Raw data
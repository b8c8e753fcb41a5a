-- ===== src/SkillUri/RoundTrip.antt =====
-- A skill URI names what it was made of.
use skillcdn.Common.{◌+◌, ◌≤◌, ◌≡◌, refl, sym, ap, ◌≢◌, [], ◌∷◌, ◌++◌, some, arith, length, subst}
use skillcdn.Text.{Text, codes, slash, starts_with}
use skillcdn.Result.{ok}
use skillcdn.RepoPath.{RepoPath}
use skillcdn.Address.{parse_address, max_address_length}
use skillcdn.Address.Canonical.{IsCanonical}
use skillcdn.Address.Encoded.{format-DecodesTo}
use skillcdn.Address.Format.{parse-format}
use skillcdn.SkillUri.{SkillUriAddress, at_path, format_skill_uri, parse_skill_uri, skill_uri_of}

read_uri :
    (a : SkillUriAddress) (path : RepoPath) (t : Text)
    → path ≢ []
    → parse_address (slash ∷ t) ≡ ok (at_path a path)
    → parse_skill_uri (codes "skill://" ++ t) ≡ some (record { address = a; path = path })
unfolding parse_skill_uri starts_with skill_uri_of
read_uri a [] t n h = absurd (n refl)
read_uri a (c ∷ path) t n h = rw h refl

-- The URI of a file, at a path that is not the root of a repository whose names are canonical, is
-- read back as that repository and that path, where the address in it is within the accepted length.
pub parse_skill-format :
    (a : SkillUriAddress) (path : RepoPath) (uri : Text)
    → IsCanonical (at_path a path)
    → path ≢ []
    → format_skill_uri a path ≡ some uri
    → length uri ≤ max_address_length + 7
    → parse_skill_uri uri ≡ some (record { address = a; path = path })
unfolding format_skill_uri
parse_skill-format a path uri h n e short =
    let (t, f, d) = format-DecodesTo (at_path a path) h in
    let q : uri ≡ codes "skill:/" ++ (slash ∷ t) = cc (rw f at e) in
    subst (λ u. parse_skill_uri u ≡ some (record { address = a; path = path })) (sym q)
      (read_uri a path t n
        (parse-format (at_path a path) (slash ∷ t) h f (omega (arith, short, ap length q))))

What is expected
Give back every line of the listing where the word "slash" shows up.

Exercise answer
use skillcdn.Text.{Text, codes, slash, starts_with}
    → parse_address (slash ∷ t) ≡ ok (at_path a path)
    let q : uri ≡ codes "skill:/" ++ (slash ∷ t) = cc (rw f at e) in
        (parse-format (at_path a path) (slash ∷ t) h f (omega (arith, short, ap length q))))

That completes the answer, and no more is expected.